MySQL (Normalized, Joins)
-- DDL
CREATE TABLE users (
user_id BIGINT PRIMARY KEY,
name VARCHAR(120) NOT NULL,
email VARCHAR(255) UNIQUE NOT NULL
);
CREATE TABLE products (
product_id BIGINT PRIMARY KEY,
name VARCHAR(160) NOT NULL,
price DECIMAL(10,2) NOT NULL
);
CREATE TABLE orders (
order_id BIGINT PRIMARY KEY,
user_id BIGINT NOT NULL,
created_at TIMESTAMP NOT NULL DEFAULT CURRENT_TIMESTAMP,
FOREIGN KEY (user_id) REFERENCES users(user_id)
);
CREATE TABLE order_items (
order_id BIGINT,
product_id BIGINT,
qty INT NOT NULL,
price_at_purchase DECIMAL(10,2) NOT NULL,
PRIMARY KEY (order_id, product_id),
FOREIGN KEY (order_id) REFERENCES orders(order_id),
FOREIGN KEY (product_id) REFERENCES products(product_id)
);
-- Query: total spent by a user in a date range
SELECT u.user_id, u.name, SUM(oi.qty * oi.price_at_purchase) AS total_spent
FROM users u
JOIN orders o ON o.user_id = u.user_id
JOIN order_items oi ON oi.order_id = o.order_id
WHERE u.user_id = 42 AND o.created_at >= '2025-01-01' AND o.created_at < '2026-01-01'
GROUP BY u.user_id, u.name;
MongoDB (Document, Denormalized)
// Orders collection: embed items; reference user by id
{
_id: ObjectId("..."),
user_id: 42,
created_at: ISODate("2025-06-01T10:20:00Z"),
items: [
{ product_id: 1001, name: "Mouse", qty: 2, price_at_purchase: 499.00 },
{ product_id: 2002, name: "Keyboard", qty: 1, price_at_purchase: 1599.00 }
]
}
// Index for reporting by user and date
// db.orders.createIndex({ user_id: 1, created_at: 1 })
// Aggregation: total spent by a user in a year
[
{ $match: { user_id: 42, created_at: { $gte: ISODate('2025-01-01'), $lt: ISODate('2026-01-01') } } },
{ $unwind: "$items" },
{ $group: { _id: "$user_id", total_spent: { $sum: { $multiply: ["$items.qty", "$items.price_at_purchase"] } } } }
]
Notes on the Models
- MySQL: Referential integrity and normalized tables avoid duplication; joins reconstruct order views.
- MongoDB: Embedding keeps order + items together for fast order reads; product names/prices copied for historical accuracy (denormalized).
Performance Considerations
- MySQL: Index joins; beware of N+1 queries; use covering indexes and careful PK design.
- MongoDB: Choose shard key wisely; keep documents under size limits; avoid unbounded array growth.
How to Choose (Checklist)
Pick MySQL if…
- You need strong ACID transactions across multiple tables.
- Your queries require complex joins and constraints.
- Data is highly structured and stable; integrity matters (finance, inventory).

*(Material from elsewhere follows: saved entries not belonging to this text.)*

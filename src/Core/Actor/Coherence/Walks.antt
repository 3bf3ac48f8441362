-- ===== src/Core/Actor/Coherence/Walks.antt =====
-- Resolving a path against the device's own directories.
use mathlib.Core.Path.{subst}
use mathlib.Core.Option.{some-injective}
use pereprava.Prelude.{
  ℕ, ◌≡◌, refl, sym, ap, ◌∙◌, Bool, Option, none, some, List, [], ◌∷◌, get_elem?,
}
use pereprava.Prelude.Text.{Text}
use pereprava.Core.Error.{not_found}
use pereprava.Core.Names.{Unicode}
use pereprava.Core.Model.{Entry}
use pereprava.Core.Actor.Device.{Device}
use pereprava.Core.Actor.Monad.{ok_or}
use pereprava.Core.Actor.State.{ActorState, StorageRec, child_by_name, children_of}
use pereprava.Core.Actor.Lookup.{walk}
use pereprava.Core.Actor.Coherence.{IsLawful, listed}
use pereprava.Core.Actor.Coherence.Rules.{
  Ensures, Ensures-pure, Ensures-bind, Ensures-mono, Ensures-ok_or, Same, listed-Same,
}
use pereprava.Core.Actor.Coherence.Children.{Good, Lists, IsOfTree, Ensures-children_of}

-- The specification: from a directory down by names, in a tree given by its listings.
abbrev pub descend : Unicode → (ℕ → List Entry) → ℕ → List Text → Option ℕ
descend u dirs cur [] = some cur
descend u dirs cur (seg ∷ segs) = elim (child_by_name u (dirs cur) seg) [
  | none ↦ none
  | some e ↦ descend u dirs e.handle segs
]

module _ {D : Device} (L : IsLawful D) (u : Unicode) where
  -- The tree is that of the device state `s₀`.
  abbrev pub TreeOf : D.State → D.State → Type 0
  TreeOf s₀ s = Same L s₀ s

  pub TreeOf-tree : (s₀ : D.State) → IsOfTree L (TreeOf s₀)
  TreeOf-tree s₀ s t same h j d = same j d ∙ h j d

  descend-step :
      (dirs : ℕ → List Entry) (cur : ℕ) (seg : Text) (segs : List Text) (e : Entry)
      → child_by_name u (dirs cur) seg ≡ some e
      → descend u dirs cur (seg ∷ segs) ≡ descend u dirs e.handle segs
  descend-step dirs cur seg segs e h = rw (h, descend)

  pub Ensures-walk :
      (T : List StorageRec) (s₀ : D.State) (idx : ℕ) (refresh : Bool) (rec : StorageRec)
      → get_elem? T idx ≡ some rec
      → (cur : ℕ) (segs : List Text)
      → Ensures
          (Good L T (TreeOf s₀))
          (λ end σ. (descend u (listed L s₀ rec.id) cur segs ≡ some end) × Good L T (TreeOf s₀) σ)
          (Good L T (TreeOf s₀))
          (walk u D idx refresh cur segs)
  unfolding walk
  Ensures-walk T s₀ idx refresh rec found cur [] = Ensures-pure _ _ _ cur (λ σ g. (refl, g))
  Ensures-walk T s₀ idx refresh rec found cur (seg ∷ segs) =
      Ensures-bind _ _ _ _ (children_of D idx cur refresh) _
        (Ensures-children_of L T (TreeOf s₀) (TreeOf-tree s₀) idx cur refresh)
        λ entries.
          Ensures-bind _ _ _ _ (ok_or (child_by_name u entries seg) not_found) _
            (Ensures-ok_or (λ σ. Lists L T idx cur entries σ × Good L T (TreeOf s₀) σ)
              (Good L T (TreeOf s₀)) (child_by_name u entries seg) not_found (λ σ h. h.1))
            λ e. record {
              at = λ σ h.
                  let step = descend-step (listed L s₀ rec.id) cur seg segs e (
                    subst (λ es. child_by_name u es seg ≡ some e) (in_tree entries cur σ h.1)
                      h.0) in
                  (Ensures-mono _ _ _ (Good L T (TreeOf s₀))
                      (λ end s.
                        (descend u (listed L s₀ rec.id) cur (seg ∷ segs) ≡ some end)
                        × Good L T (TreeOf s₀) s)
                      (Good L T (TreeOf s₀)) (walk u D idx refresh e.handle segs)
                      (Ensures-walk T s₀ idx refresh rec found e.handle segs) (λ s g. g)
                      (λ end s q. (step ∙ q.0, q.1)) (λ s g. g)).at
                    σ h.1.1;
            }
    where
      in_tree :
          (entries : List Entry) (dir : ℕ) (σ : ActorState D)
          → Lists L T idx dir entries σ × Good L T (TreeOf s₀) σ
          → entries ≡ listed L s₀ rec.id dir
      in_tree entries dir σ ((r, got, same), good) =
          same
          ∙ (ap (λ (x : StorageRec). listed L σ.device x.id dir)
                (some-injective r rec (sym got ∙ found))
              ∙ listed-Same L rec.id dir good.2)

- You want mature tooling and predictable performance for OLTP.
Pick NoSQL (Document) if…
- Schemas evolve rapidly (user profiles, content, catalogs).
- You mostly read/write whole aggregates (a document at a time).
- You need auto‑sharding and easy horizontal scale‑out.
Pick NoSQL (Wide‑Column / KV / Graph) if…
- Extreme write throughput with predictable access patterns (Cassandra).
- Low‑latency caching & ephemeral data (Redis).
- Relationship‑centric queries (Neo4j).
Hybrid architectures are common: MySQL for core transactions, Redis for caching, Elasticsearch for search, and a warehouse (e.g., BigQuery/ClickHouse) for analytics.